Insanity is doing the same thing over and over again and expecting different results.—Albert Einstein
A hospitalist is defined as a provider whose primary professional focus is the general medical care of hospitalized patients.1
While this allows a concise, usable characterization of a hospitalist, it’s not the whole story. If it were, medical residents, nurses, and inpatient pharmacists all would be hospitalists.
Indeed, a traditional internist with a large hospital practice could reasonably deem him or herself a hospitalist. What defines what a hospitalist does, or should be doing—and how, if at all, is that different than what a traditional internist does in the hospital?
Education Deficiencies
Early data suggested a stark difference between outcomes attributed to hospitalists and general internists who rotated between the clinic and the hospital.
An early experience from the academic environment showed a hospitalist teaching model, when compared with a traditional teaching service, resulted in a 0.6-day length-of-stay (LOS) reduction and a cost savings of $700 per patient with no decrement in the quality of care, clinical outcomes, or satisfaction of provider, housestaff, or patient.2
Similar findings were revealed when community teaching and non-teaching hospitals transitioned to the hospitalist model.3-5 A 2002 review of 19 hospitalist studies revealed an average decreased LOS of 17% coupled with a 1% reduction in hospital costs per case.6
The year 2002 also saw, for the first time, published data that the hospitalist model could reduce in-hospital and 30-day mortality rates.7,8 Together with a 2004 paper showing reductions in minor post-operative complications with hospitalist comanagement of orthopedic patients, these studies suggested hospitalists’ care transcended mere cost savings, improving quality measures as well.9
More recently, however, Lindenauer, et al., found important but less robust differences between hospitalists and non-hospitalists.10 As compared with traditional internists, hospitalists reduced LOS 0.4 days and cost per patient by $268.
While these moderate reductions in LOS and cost versus traditional internists are statistically and clinically significant, they are less vigorous than previous findings. Despite some methodological concerns, this largest investigation—in terms of hospital sites (45), patients (76,926) and hospitalists (284)—revealed no demonstrable improvements in the quality outcomes measured.

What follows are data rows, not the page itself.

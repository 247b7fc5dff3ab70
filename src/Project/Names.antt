-- ===== src/Project/Names.antt =====
-- The names of the objects of a project.
use spind.Prelude.{
  >>=-eq-ok, Bytes, arith, codes, false, guard, guard-true, ok, refl, str_eq, true, ◌++◌, subst,
  ◌≡◌,
}
use spind.Text.Words.{trim_space}
use spind.Name.{valid_name, valid_name-append, all_bytes, is_name_byte, is_alphanumeric}
use spind.Kubeconfig.Atomic.{str_eq-longer}
use spind.Vm.{JsonFile, or_else}
use spind.Project.{
  ProjectConfig, Project, invalid_project_name, invalid_image_name, unsupported_k8s, supported_k8s,
  parsed_config, load_project,
}

-- Every object of the project has a name that the stores accept.
pub record HasNames (project : Project) : Type 0 where
  pub vm : valid_name project.vm_name ≡ true
  pub provisioning : valid_name project.provisioning_name ≡ true
  pub snapshot : valid_name project.snapshot_name ≡ true
  pub image : valid_name project.image ≡ true
  pub k8s : supported_k8s project.k8s ≡ true
  pub two_vms : str_eq project.provisioning_name project.vm_name ≡ false

provisioning_suffix : all_bytes is_name_byte (codes "-provisioning") ≡ true
unfolding is_name_byte is_alphanumeric all_bytes
provisioning_suffix = refl

provisioned_suffix : all_bytes is_name_byte (codes "-provisioned") ≡ true
unfolding is_name_byte is_alphanumeric all_bytes
provisioned_suffix = refl

-- If a project is loaded, the stores accept the names of its VM, of its provisioning VM, of its
-- snapshot and of its image, its VM and its provisioning VM have different names, and it is of no
-- Kubernetes or of one that is supported.
pub load_project-HasNames :
    (root base_name config_path : Bytes) (file : JsonFile ProjectConfig) (project : Project)
    → load_project root base_name config_path file ≡ ok project
    → HasNames project
unfolding load_project
load_project-HasNames root base_name config_path file project h =
    let (config, _, r1) = >>=-eq-ok (parsed_config file) _ h in
    let name = or_else (trim_space config.name) base_name in
    let image = or_else (trim_space config.image) (codes "docker") in
    let (_, h2, r2) = >>=-eq-ok (guard (valid_name name) invalid_project_name) _ r1 in
    let (_, h3, r3) = >>=-eq-ok (guard (valid_name image) invalid_image_name) _ r2 in
    let (_, h4, r4) =
      >>=-eq-ok (guard (supported_k8s (trim_space config.k8s)) unsupported_k8s) _ r3 in
    let made : Project = record {
      root = root;
      config_path = config_path;
      name = name;
      image = image;
      k8s = trim_space config.k8s;
      setup = config.setup;
      vm_name = name;
      provisioning_name = name ++ codes "-provisioning";
      snapshot_name = name ++ codes "-provisioned";
    } in
    let same : made ≡ project = cc in
    let valid = guard-true (valid_name name) invalid_project_name _ h2 in
    subst HasNames same (record {
      vm = valid;
      provisioning = valid_name-append name (codes "-provisioning") valid provisioning_suffix;
      snapshot = valid_name-append name (codes "-provisioned") valid provisioned_suffix;
      image = guard-true (valid_name image) invalid_image_name _ h3;
      k8s = guard-true (supported_k8s (trim_space config.k8s)) unsupported_k8s _ h4;
      two_vms = str_eq-longer name (codes "-provisioning") (omega arith);
    })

Similarly, another recent publication found consultation, provided by medical subspecialists or hospitalists, did not improve glycemic control, rate of appropriate venous thromboembolism (VTE) prophylaxis or perioperative beta-blocker use compared with patients cared for by surgeons alone.11,12
While it is tempting to think hospitalists have re-engineered the systems of care to the point that any provider can fluently and adroitly care for patients, continued reports of less-than-optimal hospital outcomes do not support this hypothesis. More likely, the variance in the early and recent studies relates to the egress from the hospital of less capable or engaged non-hospitalist providers such that more recent findings reflect a comparator group that more closely approximates, in terms of clinical volume, hospitalists.
It’s time to reconsider how we document the merit of hospitalists. Continuing to benchmark hospitalists against non-hospitalists will not tell us if inpatient care is becoming safer, only how one group is doing compared with another. Nor will it necessarily lead to improvements in the quality of care.

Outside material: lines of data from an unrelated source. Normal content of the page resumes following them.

-- ===== src/Vm/Delete/Deleted.antt =====
-- A deletion removes one VM and no other, and no VM that runs but by force.
use spind.Prelude.{
  Bool, Bool-cases, Bytes, Option, Option-cases, Result-cases, err, false, inl, inr, none, not, ok,
  refl, some, str_eq, true, ℕ, ◌&&◌, ◌≡◌, ◌⊎◌,
}
use spind.Name.{valid_name}
use spind.Vm.{readable}
use spind.Vm.State.{VmState}
use spind.Vm.Status.{is_running, read_state}
use spind.Vm.Store.{
  lookup, lookup-erase_self, lookup-erase_other, lookup-store_self, lookup-store_other, VmDir,
  not_directory, directory, Vms,
}
use spind.Vm.Cleanup.{Machine}
use spind.Vm.Stop.{delete, stop}
use spind.Vm.Delete.{
  DeleteError, vm_is_running, Remover, VmDeleteOptions, Deleting, remove_vm, measure_and_remove,
  unmerge_and_remove, stop_and_remove, delete_dir, put_back, delete_entry, delete_vm,
}

put_back_other :
    {W : Type 0} (machine : Machine W) (remover : Remover W) (name other : Bytes)
    (left : Option VmDir) (vms : Vms)
    → str_eq name other ≡ false
    → lookup other (put_back machine remover name left vms) ≡ lookup other vms
unfolding put_back
put_back_other machine remover name other none vms h = lookup-erase_other name other vms h
put_back_other machine remover name other (some dir) vms h =
    lookup-store_other name other (directory dir) vms h

module _ {W : Type 0} (machine : Machine W) (remover : Remover W) where
  -- A deletion, whatever its result, changes no other entry of the store than that of its VM.
  pub delete_vm_other :
      (vm_store runner_path name : Bytes) (options : VmDeleteOptions) (vms : Vms) (w : W)
      (other : Bytes)
      → str_eq name other ≡ false
      → lookup other (delete_vm machine remover vm_store runner_path name options vms w).1
        ≡ lookup other vms
  unfolding delete_vm delete_entry
  delete_vm_other vm_store runner_path name options vms w other h =
      elim (Bool-cases (valid_name name)) [
        | inr e ↦ rw e refl
        | inl e ↦ elim (Option-cases (lookup name vms)) [
          | inl none_there ↦ rw (e, none_there) refl
          | inr (not_directory, there) ↦ rw (e, there) refl
          | inr (directory dir, there) ↦
              rw (e, there) (put_back_other machine remover name other _ vms h)
        ]
      ]

  -- what a deletion has done where it has removed the directory, and where not
  abbrev Removed : Deleting machine remover → Type 0
  Removed out =
      ((size : ℕ) × (out.0 ≡ ok size) × (out.1 ≡ none))
      ⊎ ((e : DeleteError) × (dir : VmDir) × (out.0 ≡ err e) × (out.1 ≡ some dir))

  remove_vm-Removed :
      (name : Bytes) (size : ℕ) (dir : VmDir) (w : W)
      → Removed (remove_vm machine remover name size dir w)
  unfolding remove_vm
  remove_vm-Removed name size dir w = elim (Bool-cases (remover.remove_all name w).0) [
    | inl e ↦ rw e (inl (size, refl, refl))
    | inr e ↦ rw e (inr (_, _, refl, refl))
  ]

  measure_and_remove-Removed :
      (name : Bytes) (dir : VmDir) (w : W) → Removed (measure_and_remove machine remover name dir w)
  unfolding measure_and_remove
  measure_and_remove-Removed name dir w = elim (Option-cases (remover.directory_size dir w)) [
    | inl e ↦ rw (measure_and_remove, e) (inr (_, _, refl, refl))
    | inr (size, e) ↦ rw (measure_and_remove, e) (remove_vm-Removed name size dir w)
  ]

  unmerge_and_remove-Removed :
      (name : Bytes) (unmerge : Bool) (dir : VmDir) (w : W)
      → Removed (unmerge_and_remove machine remover name unmerge dir w)
  unfolding unmerge_and_remove
  unmerge_and_remove-Removed name false dir w = measure_and_remove-Removed name dir w
  unmerge_and_remove-Removed name true dir w =
      elim (Bool-cases (remover.unmerge_kubeconfig name w).0) [
        | inl e ↦ rw e (measure_and_remove-Removed name dir _)
        | inr e ↦ rw e (inr (_, _, refl, refl))
      ]

  stop_and_remove-Removed :
      (vm_store runner_path name : Bytes) (unmerge : Bool) (dir : VmDir) (w : W)
      → Removed (stop_and_remove machine remover vm_store runner_path name unmerge dir w)
  unfolding stop_and_remove
  stop_and_remove-Removed vm_store runner_path name unmerge dir w =
      let stopped =
        stop machine delete vm_store runner_path name (record { dir = dir; world = w }) in
      elim (Result-cases stopped.0) [
        | inl (_, e) ↦ rw (stop_and_remove, e) (unmerge_and_remove-Removed name unmerge _ _)
        | inr (_, e) ↦ rw (stop_and_remove, e) (inr (_, _, refl, refl))
      ]

  read_readable :
      (dir : VmDir) (state : VmState) → dir.state ≡ readable state → read_state dir.state ≡ ok state
  unfolding read_state
  read_readable dir state h = rw h refl

  delete_dir_cases :
      (vm_store runner_path name : Bytes) (options : VmDeleteOptions) (dir : VmDir)
      (state : VmState) (w : W)
      → read_state dir.state ≡ ok state
      → let deleted = delete_dir machine remover vm_store runner_path name options dir w in
        let refused = is_running (machine.kernel.probe w) state && not options.force in
        (refused ≡ false) × Removed deleted
        ⊎ (refused ≡ true) × (deleted ≡ (err vm_is_running, some dir, w))
  unfolding delete_dir
  delete_dir_cases vm_store runner_path name options dir state w h =
      elim (Bool-cases (is_running (machine.kernel.probe w) state)) [
        | inr e ↦
            rw (delete_dir, h, e)
              (inl (refl, unmerge_and_remove-Removed name options.unmerge_kubeconfig dir w))
        | inl e ↦ elim (Bool-cases options.force) [
          | inl e' ↦
              rw (delete_dir, h, e, e')
                (inl (
                  refl,
                  stop_and_remove-Removed vm_store runner_path name options.unmerge_kubeconfig dir
                      w,
                ))
          | inr e' ↦ rw (delete_dir, h, e, e') (inr (refl, refl))
        ]
      ]

  delete_vm-entry :
      (vm_store runner_path name : Bytes) (options : VmDeleteOptions) (vms : Vms) (w : W)
      (dir : VmDir)
      → valid_name name ≡ true
      → lookup name vms ≡ some (directory dir)
      → let deleted = delete_dir machine remover vm_store runner_path name options dir w in
        delete_vm machine remover vm_store runner_path name options vms w
        ≡ (deleted.0, put_back machine remover name deleted.1 vms, deleted.2)
  unfolding delete_vm delete_entry
  delete_vm-entry vm_store runner_path name options vms w dir v h = rw (v, h) refl

  -- Of a VM with a valid name and a state: a deletion that succeeds has removed it, and it was not
  -- running or the deletion was forced; a deletion of a VM that runs, not forced, is refused, and the
  -- VM and the host are as they were; and after any other error the VM is still in the store.
  pub delete_vm_lem :
      (vm_store runner_path name : Bytes) (options : VmDeleteOptions) (vms : Vms) (w : W)
      (dir : VmDir) (state : VmState)
      → valid_name name ≡ true
      → lookup name vms ≡ some (directory dir)
      → dir.state ≡ readable state
      → let (result, after, w') =
          delete_vm machine remover vm_store runner_path name options vms w in
        let refused = is_running (machine.kernel.probe w) state && not options.force in
        ((size : ℕ) × (result ≡ ok size) × (lookup name after ≡ none) × (refused ≡ false))
        ⊎ (result ≡ err vm_is_running)
          × (lookup name after ≡ some (directory dir))
          × (w' ≡ w)
          × (refused ≡ true)
        ⊎ ((e : DeleteError) × (left : VmDir) × (result ≡ err e)
            × (lookup name after ≡ some (directory left))
            × (refused ≡ false))
  unfolding put_back
  delete_vm_lem vm_store runner_path name options vms w dir state v there h =
      rw (delete_vm-entry vm_store runner_path name options vms w dir v there)
        (elim (delete_dir_cases vm_store runner_path name options dir state w
          (read_readable dir state h)) [
            | inr (refused, e) ↦
                rw e (inr (inl (refl, lookup-store_self name (directory dir) vms, refl, refused)))
            | inl (allowed, inl (size, e, gone)) ↦
                inl (size, e, rw gone (lookup-erase_self name vms), allowed)
            | inl (allowed, inr (reason, left, e, kept)) ↦ inr (
                inr
                  (reason, left, e, rw kept (lookup-store_self name (directory left) vms), allowed))
          ])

To fulfill the promise of the hospitalist model, we need to ensure hospitalists are doing it better, not just better than an external comparator group. As such, it would be more valuable to evaluate hospitalists today versus those five years ago. If, as I suspect, there would be little difference in the clinical outcomes between a new hospitalist (or one in practice for three years) in 2003 and one in 2008 and we accept that hospitalist care has yet to achieve its pinnacle then we must adopt a new path. This will require redesigning the way we train hospitalists.
The ineffectiveness of our current training system is playing out in Dr. Lindenauer’s New England Journal of Medicine paper last year. He found hospitalist outcomes are only marginally better than their similarly trained traditional internist colleagues. To expect differences is to succumb to Albert Einstein’s definition of insanity. We simply cannot expect hospitalists to improve the quality of care with the same set of tools that didn’t allow our predecessors to do so.
Hospitalist-Focused Curricula
Several studies have evaluated the gap between internal medicine (IM) training and hospital medicine practice. A 2007 paper reported that nearly 30% of a community hospitalist practice consisted of areas of under emphasis in traditional IM training.13
These include consultative medicine (6.4% of practice) and the care of the patients with neurological (13.4%), orthopedic (6.4%), or general surgical (2.2%) issues. Additionally, nearly 50% of their practice consisted of patients older than 65, with the largest subset of patients ages 75-84.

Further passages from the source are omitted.